ZX Spectrum Screen Memory Layout

The Spectrum screen memory map is split into two sections:

  1. 6144 bytes worth of bitmap data, starting at memory address &4000 (16384d)
  2. 768 byte colour attribute data, immediately after the bitmap data at address &5800 (22528d)

Bitmap data layout

The bitmap data starts at address &4000 and consists of 192 lines of 32 bytes. Pixels are encoded as bits; 32 x 8 gives the horizontal resolution of 256 pixels. This example is a layout of the top line of the display with the pixels set at X position 0 and 255.

2016528_203958

The display lines are not placed linearly; that is, each line is not 32 bytes beneath the one above it. To calculate the screen address of a byte, you encode the address as follows:

2016528_204048

Where:

  • The base address of screen memory (&4000) is provided by setting bits 15 to 13 to 010.
  • Y0 to Y7 is the Y coordinate (in pixels)
  • X0 to X4 is the X coordinate (in bytes)

Note the bit positions of Y0-Y2 and Y3-Y5 are transposed. The advantages of this is that you can quickly get to the next line within a character boundary by increasing the high byte of the address.
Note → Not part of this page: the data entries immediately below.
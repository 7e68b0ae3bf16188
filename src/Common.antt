-- ===== src/Common.antt =====
-- The names that every other module shares: the libraries', passed on, the Boolean tests, results
-- and error codes, the machine words with Rust's checked operations, and signed integers.
mod Tests
pub mod Result
pub mod Maybe
pub mod Error
pub mod Word
pub mod Int
pub mod Nonlinear
pub mod Bytes
pub use Tests.*
pub use Prim.Native.Nat.{ℕ, zero, suc, ◌+◌, ◌-◌, ◌*◌, ◌/◌, ◌%◌, ◌^◌, ◌≤◌, ◌<◌}
pub use mathlib.Core.Path.{◌≡◌, refl, sym, ap, ◌∙◌, subst}
pub use mathlib.Core.Logic.{◌≢◌, ◌↔◌, ◌⊎◌, inl, inr}
pub use mathlib.Core.Bool.{Bool, true, false, not, ◌&&◌, ◌||◌}
pub use mathlib.Core.Option.{Option, none, some}
pub use mathlib.Core.List.{List, [], ◌∷◌, ◌++◌, map}
pub use native.Mathlib.Omega.{arith}
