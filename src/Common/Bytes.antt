-- ===== src/Common/Bytes.antt =====
-- Byte strings: lists of numbers below 256. Keys and hashes are byte strings of length 32.
use Prim.Native.Nat.{ℕ, zero, suc, ◌+◌, ◌-◌, ◌*◌, ◌/◌, ◌%◌, ◌≤◌}
use mathlib.Core.Path.{◌≡◌, refl, sym, ap, ap₂, ◌∙◌}
use mathlib.Core.Logic.{◌≢◌}
use mathlib.Core.Bool.{Bool, true, false, ◌&&◌}
use mathlib.Core.Option.{Option, none, some}
use mathlib.Core.List.{List, [], ◌∷◌, ◌++◌}
use native.Mathlib.Omega.{arith}
use roshi.Common.Tests.{◌==◌, leb, if◌then◌else◌}

abbrev pub Bytes : Type 0
Bytes = List ℕ

-- `[u8; 32]`, `Pubkey` and hashes.
abbrev pub Key : Type 0
Key = List ℕ

module _ {ℓ} {A : Type ℓ} where
  abbrev pub length : List A → ℕ
  length [] = 0
  length (x ∷ xs) = suc (length xs)

  abbrev pub take : ℕ → List A → List A
  take zero xs = []
  take (suc n) [] = []
  take (suc n) (x ∷ xs) = x ∷ take n xs

  abbrev pub drop : ℕ → List A → List A
  drop zero xs = xs
  drop (suc n) [] = []
  drop (suc n) (x ∷ xs) = drop n xs

  abbrev pub replicate : ℕ → A → List A
  replicate zero a = []
  replicate (suc n) a = a ∷ replicate n a

  abbrev pub get_elem? : List A → ℕ → Option A
  get_elem? [] i = none
  get_elem? (x ∷ xs) zero = some x
  get_elem? (x ∷ xs) (suc i) = get_elem? xs i

  pub length-append : (xs ys : List A) → length (xs ++ ys) ≡ length xs + length ys
  length-append [] ys = omega arith
  length-append (x ∷ xs) ys = omega (arith, length-append xs ys)

  pub length-replicate : (n : ℕ) (a : A) → length (replicate n a) ≡ n
  length-replicate zero a = refl
  length-replicate (suc n) a = ap suc (length-replicate n a)

  pub take-length-append : (xs ys : List A) → take (length xs) (xs ++ ys) ≡ xs
  take-length-append [] ys = refl
  take-length-append (x ∷ xs) ys = ap (◌∷◌ x) (take-length-append xs ys)

  pub drop-length-append : (xs ys : List A) → drop (length xs) (xs ++ ys) ≡ ys
  drop-length-append [] ys = refl
  drop-length-append (x ∷ xs) ys = drop-length-append xs ys

  pub take-drop-append : (n : ℕ) (xs : List A) → take n xs ++ drop n xs ≡ xs
  take-drop-append zero xs = refl
  take-drop-append (suc n) [] = refl
  take-drop-append (suc n) (x ∷ xs) = ap (◌∷◌ x) (take-drop-append n xs)

  pub length-take : (n : ℕ) (xs : List A) → n ≤ length xs → length (take n xs) ≡ n
  length-take zero xs h = refl
  length-take (suc n) [] h = absurd (omega arith)
  length-take (suc n) (x ∷ xs) h = ap suc (length-take n xs (omega arith))

  pub length-drop : (n : ℕ) (xs : List A) → length (drop n xs) ≡ length xs - n
  length-drop zero xs = omega arith
  length-drop (suc n) [] = omega arith
  length-drop (suc n) (x ∷ xs) = omega (arith, length-drop n xs)

-- `==` on byte arrays.
unfoldable pub bytes_eq : Bytes → Bytes → Bool
bytes_eq [] [] = true
bytes_eq (x ∷ xs) (y ∷ ys) = (x == y) && bytes_eq xs ys
bytes_eq _ _ = false

pub bytes_eq→eq : (xs ys : Bytes) → bytes_eq xs ys ≡ true → xs ≡ ys
unfolding bytes_eq
bytes_eq→eq [] [] h = refl
bytes_eq→eq [] (y ∷ ys) h = cc
bytes_eq→eq (x ∷ xs) [] h = cc
bytes_eq→eq (x ∷ xs) (y ∷ ys) h = ground (arith, bytes_eq→eq xs ys)

pub bytes_eq_refl : (xs : Bytes) → bytes_eq xs xs ≡ true
unfolding bytes_eq
bytes_eq_refl [] = refl
bytes_eq_refl (x ∷ xs) = ground (arith, bytes_eq_refl xs)

-- The slice `data[offset..offset + len]`, if it is in bounds.
abbrev pub slice? : Bytes → ℕ → ℕ → Option Bytes
slice? bytes offset len =
    if leb (offset + len) (length bytes) then some (take len (drop offset bytes)) else none

-- Little-endian numbers: `n.to_le_bytes()` of a width, and `from_le_bytes`.
unfoldable pub to_le_bytes : ℕ → ℕ → Bytes
to_le_bytes zero n = []
to_le_bytes (suc w) n = (n % 256) ∷ to_le_bytes w (n / 256)

unfoldable pub from_le_bytes : Bytes → ℕ
from_le_bytes [] = 0
from_le_bytes (b ∷ bs) = b + 256 * from_le_bytes bs

-- Two strings with heads of one length are equal only part by part.
pub append_inj :
    (xs ys us vs : Bytes) → length xs ≡ length ys → xs ++ us ≡ ys ++ vs → (xs ≡ ys) × (us ≡ vs)
append_inj [] [] us vs h e = (refl, e)
append_inj [] (y ∷ ys) us vs h e = absurd (omega (arith, h))
append_inj (x ∷ xs) [] us vs h e = absurd (omega (arith, h))
append_inj (x ∷ xs) (y ∷ ys) us vs h e =
    let (tail, rest) =
      append_inj xs ys us vs (omega (arith, h)) (∷_inj x y (xs ++ us) (ys ++ vs) e).1 in
    (ap₂ ◌∷◌ (∷_inj x y (xs ++ us) (ys ++ vs) e).0 tail, rest)
  where
    ∷_inj : (a b : ℕ) (u v : Bytes) → a ∷ u ≡ b ∷ v → (a ≡ b) × (u ≡ v)
    ∷_inj a b u v p = (cc, cc)

pub bytes_eq-ne : (a b : Key) → bytes_eq a b ≡ false → a ≢ b
bytes_eq-ne a b differ same =
    let equal : true ≡ false = sym (bytes_eq_refl a) ∙ ap (bytes_eq a) same ∙ differ in absurd (cc)
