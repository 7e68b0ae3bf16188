-- ===== src/Common/Error.antt =====
-- crates/interface/src/error.rs: the program's error codes, and Solana's `ProgramError` as far as
-- the program returns it.
use Prim.Native.Nat.{ℕ}
use mathlib.Core.Path.{◌≡◌}
use roshi.Common.Result.{Result, ok, err, map_err}

pub data RoshiError : Type 0 where
  invalid_op : RoshiError
  instruction_slice_out_of_bounds : RoshiError
  account_index_out_of_bounds : RoshiError
  invalid_bps : RoshiError
  vault_paused : RoshiError
  unauthorized_action : RoshiError
  invalid_program_config_account : RoshiError
  invalid_vault_account : RoshiError
  invalid_action_account : RoshiError
  invalid_withdrawal_ticket_account : RoshiError
  invalid_asset_account : RoshiError
  invalid_access_proof : RoshiError
  invalid_vault_tag : RoshiError
  division_by_zero : RoshiError
  invalid_decimals : RoshiError
  invalid_vault_state : RoshiError
  overflow : RoshiError
  result_does_not_fit : RoshiError
  zero_output : RoshiError
  slippage_exceeded : RoshiError
  invalid_token_account : RoshiError
  invalid_mint_account : RoshiError
  external_disabled : RoshiError
  withdrawal_exceeds_entitlement : RoshiError
  insufficient_shares : RoshiError
  invalid_sub_account : RoshiError
  invalid_external_destination_account : RoshiError
  invalid_write_down_amount : RoshiError
  stale_nav_report : RoshiError
  nav_gain_exceeds_bound : RoshiError
  report_too_frequent : RoshiError
  deposit_cap_exceeded : RoshiError
  external_destination_not_registered : RoshiError
  unpriceable_swap_leg : RoshiError
  missing_instructions_sysvar : RoshiError
  required_sibling_missing : RoshiError
  flash_delegate_unbounded : RoshiError
  flash_delegate_mismatch : RoshiError
  flash_destination_mismatch : RoshiError
  siblings_require_top_level : RoshiError
  delegate_not_cleared : RoshiError
  flash_fee_rate_not_lower : RoshiError
  swap_custody_moved : RoshiError
  empty_atomic_redeem_ops : RoshiError
  unbound_atomic_redeem_account : RoshiError
  zero_share_price : RoshiError
  deposits_must_be_paused : RoshiError
  empty_deploy_ops : RoshiError
  unbound_deploy_account : RoshiError
  deploy_amount_mismatch : RoshiError

-- `error as u32`
abbrev pub code : RoshiError → ℕ
code invalid_op = 0
code instruction_slice_out_of_bounds = 1
code account_index_out_of_bounds = 2
code invalid_bps = 3
code vault_paused = 4
code unauthorized_action = 5
code invalid_program_config_account = 6
code invalid_vault_account = 7
code invalid_action_account = 8
code invalid_withdrawal_ticket_account = 9
code invalid_asset_account = 10
code invalid_access_proof = 11
code invalid_vault_tag = 12
code division_by_zero = 13
code invalid_decimals = 14
code invalid_vault_state = 15
code overflow = 16
code result_does_not_fit = 17
code zero_output = 18
code slippage_exceeded = 19
code invalid_token_account = 20
code invalid_mint_account = 21
code external_disabled = 22
code withdrawal_exceeds_entitlement = 23
code insufficient_shares = 24
code invalid_sub_account = 25
code invalid_external_destination_account = 26
code invalid_write_down_amount = 27
code stale_nav_report = 28
code nav_gain_exceeds_bound = 29
code report_too_frequent = 30
code deposit_cap_exceeded = 31
code external_destination_not_registered = 32
code unpriceable_swap_leg = 33
code missing_instructions_sysvar = 34
code required_sibling_missing = 35
code flash_delegate_unbounded = 36
code flash_delegate_mismatch = 37
code flash_destination_mismatch = 38
code siblings_require_top_level = 39
code delegate_not_cleared = 40
code flash_fee_rate_not_lower = 41
code swap_custody_moved = 42
code empty_atomic_redeem_ops = 43
code unbound_atomic_redeem_account = 44
code zero_share_price = 45
code deposits_must_be_paused = 46
code empty_deploy_ops = 47
code unbound_deploy_account = 48
code deploy_amount_mismatch = 49

-- `Custom` carries a `RoshiError` as its code; the rest are the variants that the program returns.
pub data ProgramError : Type 0 where
  custom : ℕ → ProgramError
  invalid_argument : ProgramError
  invalid_seeds : ProgramError
  invalid_account_data : ProgramError
  illegal_owner : ProgramError
  missing_required_signature : ProgramError
  incorrect_program_id : ProgramError
  arithmetic_overflow : ProgramError
  not_enough_account_keys : ProgramError
  account_already_initialized : ProgramError
  invalid_instruction_data : ProgramError

-- `impl From<RoshiError> for ProgramError`
abbrev pub program_error : RoshiError → ProgramError
program_error e = custom (code e)

-- The conversion that `?` makes where a `RoshiError` is returned as a `ProgramError`.
abbrev pub lift {ℓ} : {A : Type ℓ} → Result RoshiError A → Result ProgramError A
lift r = map_err program_error r

pub lift_ok {ℓ} : {A : Type ℓ} (r : Result RoshiError A) {a : A} → lift r ≡ ok a → r ≡ ok a
lift_ok (ok b) {a} h = cc
lift_ok (err e) {a} h = cc
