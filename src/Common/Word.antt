-- ===== src/Common/Word.antt =====
-- Rust's unsigned words and their checked operations. A word is a number; its type's modulus is an
-- argument of the operations that can overflow.
use roshi.Common.Result.{ok, ok_or}
use Prim.Native.Nat.{ℕ, ◌+◌, ◌-◌, ◌*◌, ◌%◌, ◌^◌, ◌<◌}
use mathlib.Core.Path.{◌≡◌}
use native.Mathlib.Omega.{arith}
use mathlib.Core.Option.{Option, none, some}
use roshi.Common.Tests.{ltb, leb, if◌then◌else◌}

abbrev pub u8 : ℕ
u8 = 256

abbrev pub u16 : ℕ
u16 = 65536

abbrev pub u32 : ℕ
u32 = 2 ^ 32

abbrev pub u64 : ℕ
u64 = 2 ^ 64

abbrev pub u128 : ℕ
u128 = 2 ^ 128

-- `x.try_into()`: the value if it fits the word.
abbrev pub try_into : ℕ → ℕ → Option ℕ
try_into w x = if ltb x w then some x else none

abbrev pub checked_add : ℕ → ℕ → ℕ → Option ℕ
checked_add w a b = try_into w (a + b)

abbrev pub checked_mul : ℕ → ℕ → ℕ → Option ℕ
checked_mul w a b = try_into w (a * b)

abbrev pub checked_sub : ℕ → ℕ → Option ℕ
checked_sub a b = if leb b a then some (a - b) else none

abbrev pub max : ℕ → ℕ → ℕ
max a b = if leb a b then b else a

-- `+` where nothing checks it.
abbrev pub wrapping_add : ℕ → ℕ → ℕ → ℕ
wrapping_add w a b = (a + b) % w

-- `?` on a checked operation.
module _ {E : Type 0} (bound a b : ℕ) (e : E) {c : ℕ} where
  pub ok_or-checked_add : ok_or (checked_add bound a b) e ≡ ok c → (c ≡ a + b) × (a + b < bound)
  ok_or-checked_add h = ground (arith, h)

  pub ok_or-checked_sub : ok_or (checked_sub a b) e ≡ ok c → c + b ≡ a
  ok_or-checked_sub h = ground (arith, h)
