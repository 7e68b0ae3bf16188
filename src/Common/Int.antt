-- ===== src/Common/Int.antt =====
-- Signed integers over the native numbers, and `i64` with Rust's checked and saturating operations.
use Prim.Native.Nat.{ℕ, suc, ◌+◌, ◌-◌, ◌^◌, ◌≤◌, ◌<◌}
use mathlib.Core.Path.{◌≡◌}
use mathlib.Core.Bool.{Bool, ◌&&◌}
use mathlib.Core.Option.{Option, none, some}
use native.Mathlib.Omega.{arith}
use roshi.Common.Tests.{ltb, leb, if◌then◌else◌}

-- `negsuc n` is -(n + 1).
pub data ℤ : Type 0 where
  pos : ℕ → ℤ
  negsuc : ℕ → ℤ

abbrev pub pos_part : ℤ → ℕ
pos_part (pos n) = n
pos_part (negsuc n) = 0

abbrev pub neg_part : ℤ → ℕ
neg_part (pos n) = 0
neg_part (negsuc n) = suc n

-- a - b, as an integer.
abbrev pub sub_ℕ : ℕ → ℕ → ℤ
sub_ℕ a b = if leb b a then pos (a - b) else negsuc (b - a - 1)

infixl 65 ◌+ℤ◌ ◌-ℤ◌
infix 50 ◌≤ℤ◌
unfoldable pub ◌+ℤ◌ : ℤ → ℤ → ℤ
a +ℤ b = sub_ℕ (pos_part a + pos_part b) (neg_part a + neg_part b)

unfoldable pub ◌-ℤ◌ : ℤ → ℤ → ℤ
a -ℤ b = sub_ℕ (pos_part a + neg_part b) (neg_part a + pos_part b)

abbrev pub ◌≤ℤ◌ : ℤ → ℤ → Type 0
a ≤ℤ b = pos_part a + neg_part b ≤ pos_part b + neg_part a

abbrev pub ltb_ℤ : ℤ → ℤ → Bool
ltb_ℤ a b = ltb (pos_part a + neg_part b) (pos_part b + neg_part a)

abbrev pub leb_ℤ : ℤ → ℤ → Bool
leb_ℤ a b = leb (pos_part a + neg_part b) (pos_part b + neg_part a)

pub +ℤ_parts :
    (a b : ℤ)
    → pos_part (a +ℤ b) + neg_part a + neg_part b ≡ neg_part (a +ℤ b) + pos_part a + pos_part b
unfolding ◌+ℤ◌
+ℤ_parts a b = ground arith

pub -ℤ_parts :
    (a b : ℤ)
    → pos_part (a -ℤ b) + neg_part a + pos_part b ≡ neg_part (a -ℤ b) + pos_part a + neg_part b
unfolding ◌-ℤ◌
-ℤ_parts a b = ground arith

abbrev pub i64_min : ℤ
i64_min = negsuc (2 ^ 63 - 1)

abbrev pub i64_max : ℤ
i64_max = pos (2 ^ 63 - 1)

-- Whether an integer is a value of `i64`.
abbrev pub in_i64 : ℤ → Bool
in_i64 a = leb_ℤ i64_min a && leb_ℤ a i64_max

unfoldable pub checked_add_i64 : ℤ → ℤ → Option ℤ
checked_add_i64 a b = if in_i64 (a +ℤ b) then some (a +ℤ b) else none

unfoldable pub checked_sub_i64 : ℤ → ℤ → Option ℤ
checked_sub_i64 a b = if in_i64 (a -ℤ b) then some (a -ℤ b) else none

unfoldable pub saturating_sub_i64 : ℤ → ℤ → ℤ
saturating_sub_i64 a b =
    if ltb_ℤ (a -ℤ b) i64_min then i64_min else if ltb_ℤ i64_max (a -ℤ b) then i64_max else a -ℤ b

-- `u128::try_from` on an `i64`.
abbrev pub try_to_u128 : ℤ → Option ℕ
try_to_u128 (pos n) = some n
try_to_u128 (negsuc n) = none

abbrev pub max_ℤ : ℤ → ℤ → ℤ
max_ℤ a b = if leb_ℤ a b then b else a

abbrev pub min_ℤ : ℤ → ℤ → ℤ
min_ℤ a b = if leb_ℤ a b then a else b

-- a - b where b ≤ a, as a number.
abbrev pub gap : ℤ → ℤ → ℕ
gap a b = pos_part a + neg_part b - (pos_part b + neg_part a)

pub checked_sub_i64_inv : (a b : ℤ) {c : ℤ} → checked_sub_i64 a b ≡ some c → c ≡ a -ℤ b
unfolding checked_sub_i64
checked_sub_i64_inv a b h = ground arith

-- A difference from 0 up to 2^63 - 1 is computed.
pub checked_sub_i64-gap :
    (a b : ℤ) → b ≤ℤ a → gap a b < 2 ^ 63 → checked_sub_i64 a b ≡ some (pos (gap a b))
unfolding checked_sub_i64 ◌-ℤ◌
checked_sub_i64-gap a b h k = ground arith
The disadvantage is that the code to calculate the screen position or get the next line past a character boundary is quite convoluted:

; Get screen address
; B = Y pixel position
; C = X pixel position
; Returns address in HL

Calculate_Pixel_Address:
        LD A,B                                 ; Calculate Y2,Y1,Y0
        AND %00000111                          ; Mask out unwanted bits
        OR %01000000                           ; Set base address of screen
        LD H,A                                 ; Store in H
        LD A,B                                 ; Calculate Y7,Y6
        RRA                                    ; Shift to position
        RRA
        RRA
        AND %00011000                          ; Mask out unwanted bits
        OR H                                   ; OR with Y2,Y1,Y0
        LD H,A                                 ; Store in H
        LD A,B                                 ; Calculate Y5,Y4,Y3
        RLA                                    ; Shift to position
        RLA
        AND %11100000                          ;Mask out unwanted bits
        LD L,A                                 ; Store in L
        LD A,C                                 ; Calculate X4,X3,X2,X1,X0
        RRA                                    ; Shift into position
        RRA
        RRA
        AND %00011111                          ; Mask out unwanted bits
        OR L                                   ; OR with Y5,Y4,Y3
        LD L,A                                 ; Store in L
        RET

Colour attribrutes data layout

The colour attribute data overlays the monochrome bitmap data and is arranged in a linear fashion from left to right, top to bottom.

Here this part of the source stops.